The Council’s response has been to shrug and point to declining international enrolment and revenue shortfalls, arguing that no employer can promise stability in such an unpredictable climate.

As Ontario’s publicly funded colleges inch toward a midnight strike deadline, the looming walkout of 10,000 support staff is more than a labour dispute it’s a warning flare for the entire post-secondary system.

For months, the Ontario Public Service Employees Union (OPSEU) has been pressing the College Employer Council for a contract that offers job security. Their demand isn’t radical: they want assurance that the people who keep campuses running admissions officers, IT technicians, library staff, student-services workers won’t be discarded like spare parts when enrolment dips.

The Council’s response has been to shrug and point to declining international enrolment and revenue shortfalls, arguing that no employer can promise stability in such an unpredictable climate. But that reasoning only underscores the deeper problem: a funding model that leans far too heavily on international tuition dollars to subsidize core operations. When global student numbers drop, staff become the first casualty.

Yes, OPSEU’s push to prevent campus closures or mergers may sound ambitious in an era of fiscal belt-tightening.
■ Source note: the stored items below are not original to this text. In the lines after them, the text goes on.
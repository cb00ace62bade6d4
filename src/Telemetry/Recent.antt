-- ===== src/Telemetry/Recent.antt =====
-- The signals that are remembered and those that are exported: packages/telemetry/src/index.ts,
-- `dispatch`.
use tracegarden.Prelude.{
  ℕ, zero, suc, ◌+◌, ◌-◌, ◌≤◌, ◌≡◌, refl, sym, ap, ◌∙◌, inl, inr, true, false, not, ◌&&◌, List, [],
  ◌∷◌, ◌++◌, arith, ltb, leb, if◌then◌else◌, Bool-cases, is_some, length, drop, length-append,
  length-drop, Str,
}
use tracegarden.Prelude.Dict.{Dict}
use tracegarden.Telemetry.Signals.{MetricValue, Host, MetricType, counter, gauge, TelemetrySignal}
use tracegarden.Telemetry.Runtime.{Runtime, dispatch, shift}
use tracegarden.Telemetry.Metrics.{
  Add, update_metric, series_key, target, with_target, max_metric_series,
}
use tracegarden.Telemetry.Steps.{Call, World, run}
use tracegarden.Telemetry.Kept.{kept_run}
use tracegarden.Telemetry.Names.{is_metric_name}
use tracegarden.Telemetry.Signals.{MetricValue}
use tracegarden.Prelude.Dict.{get}

-- The last `n` of a list.
abbrev pub last {ℓ} : {A : Type ℓ} → ℕ → List A → List A
last n xs = drop (length xs - n) xs

module _ {ℓ} {A : Type ℓ} where
  drop-snoc :
      (k : ℕ) (xs : List A) (x : A) → k ≤ length xs → drop k (xs ++ x ∷ []) ≡ drop k xs ++ x ∷ []
  drop-snoc zero xs x h = refl
  drop-snoc (suc k) [] x h = absurd (omega arith)
  drop-snoc (suc k) (y ∷ xs) x h = drop-snoc k xs x (omega arith)

  shift-drop : (k : ℕ) (xs : List A) → shift (drop k xs) ≡ drop (suc k) xs
  shift-drop zero [] = refl
  shift-drop zero (x ∷ xs) = refl
  shift-drop (suc k) [] = refl
  shift-drop (suc k) (x ∷ xs) = shift-drop k xs

  -- To push and to shift when there are too many keeps the last.
  last-snoc :
      (n : ℕ) (xs : List A) (x : A)
      → (let pushed = last n xs ++ x ∷ [] in if ltb n (length pushed) then shift pushed else pushed)
        ≡ last n (xs ++ x ∷ [])
  last-snoc n xs x =
      let k = length xs - n in
      let snoc = drop-snoc k xs x (omega arith) in
      let size = length-drop k xs in
      let size' = length-append (drop k xs) (x ∷ []) in
      let all_size = length-append xs (x ∷ []) in
      elim (Bool-cases (leb n (length xs))) [
        | inl full ↦
            let too_many : ltb n (length (drop k xs ++ x ∷ [])) ≡ true = ground arith in
            let next : length (xs ++ x ∷ []) - n ≡ suc k = ground arith in
            rw (too_many, next) (ap shift (sym snoc) ∙ shift-drop k (xs ++ x ∷ []))
        | inr room ↦
            let fits : ltb n (length (drop k xs ++ x ∷ [])) ≡ false = ground arith in
            let same : length (xs ++ x ∷ []) - n ≡ k = ground arith in rw (fits, same) (sym snoc)
      ]

module _ {Num : Type 0} where
  abbrev pub RemembersLast : Runtime Num → Type 0
  RemembersLast r = r.signal_history ≡ last 1000 r.emitted

  dispatch-RemembersLast :
      (signal : TelemetrySignal Num) (r : Runtime Num)
      → RemembersLast r
      → RemembersLast (dispatch signal r)
  unfolding dispatch
  dispatch-RemembersLast signal r h = rw h (last-snoc 1000 r.emitted signal)

module _ {Num : Type 0} (host : Host Num) where
  -- An update of a metric sends nothing.
  pub update_metric-quiet :
      (kind : MetricType) (name : Str) (value : Num) (labels : Dict Str) (add : Add)
      (r : Runtime Num)
      → let r' = (update_metric host kind name value labels add r).0 in
        (r'.emitted ≡ r.emitted)
        × (r'.signal_history ≡ r.signal_history)
        × (r'.exported ≡ r.exported)
        × (r'.options ≡ r.options)
  unfolding update_metric
  update_metric-quiet kind name value labels add r = elim (Bool-cases (is_metric_name name)) [
    | inr bad ↦ rw bad (refl, refl, refl, refl)
    | inl good ↦
        rw good
          (elim (Bool-cases (
            not (is_some (get (series_key host name labels) (target host kind r)))
            && leb max_metric_series (length r.counters + length r.gauges))) [
              | inl full ↦ rw full (refl, refl, refl, refl)
              | inr room ↦ rw room (put_quiet kind _ r)
            ])
  ]
    where
      put_quiet :
          (kind : MetricType) (series : Dict (MetricValue Num)) (r : Runtime Num)
          → let r' = with_target host kind series r in
            (r'.emitted ≡ r.emitted)
            × (r'.signal_history ≡ r.signal_history)
            × (r'.exported ≡ r.exported)
            × (r'.options ≡ r.options)
      put_quiet counter series r = (refl, refl, refl, refl)
      put_quiet gauge series r = (refl, refl, refl, refl)

  -- Whatever calls are made, the signals that the runtime remembers are the last 1,000 of those that
  -- it dispatched, in their order, or all of them while they are fewer.
  pub run-RemembersLast :
      (calls : List (Call Num)) (w : World Num)
      → RemembersLast w.runtime
      → RemembersLast (run host calls w).runtime
  run-RemembersLast =
      kept_run host RemembersLast dispatch-RemembersLast (λ kind name value labels add r h.
        let q = update_metric-quiet kind name value labels add r in
        q.1 ∙ h ∙ ap (last 1000) (sym q.0))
But it’s also a plea for long-term planning. If colleges are forced to shutter programs and slash services every time international markets shift, the very quality of education and the future of Ontario’s workforce will erode.

The Council calls the union’s demands “out of touch.” I’d argue it’s out of touch to treat education like a seasonal business. Stability isn’t a luxury for colleges; it’s the foundation that allows students to learn and communities to thrive.

Whether a deal is struck before midnight or picket lines form tomorrow, this standoff reveals a truth the province can’t ignore: Ontario’s college system is unsustainable when staff job security hinges on unpredictable enrolment trends. The government and college leadership need to confront that reality, not just for this bargaining round, but for the generations of students and workers who depend on a stable, well-supported system.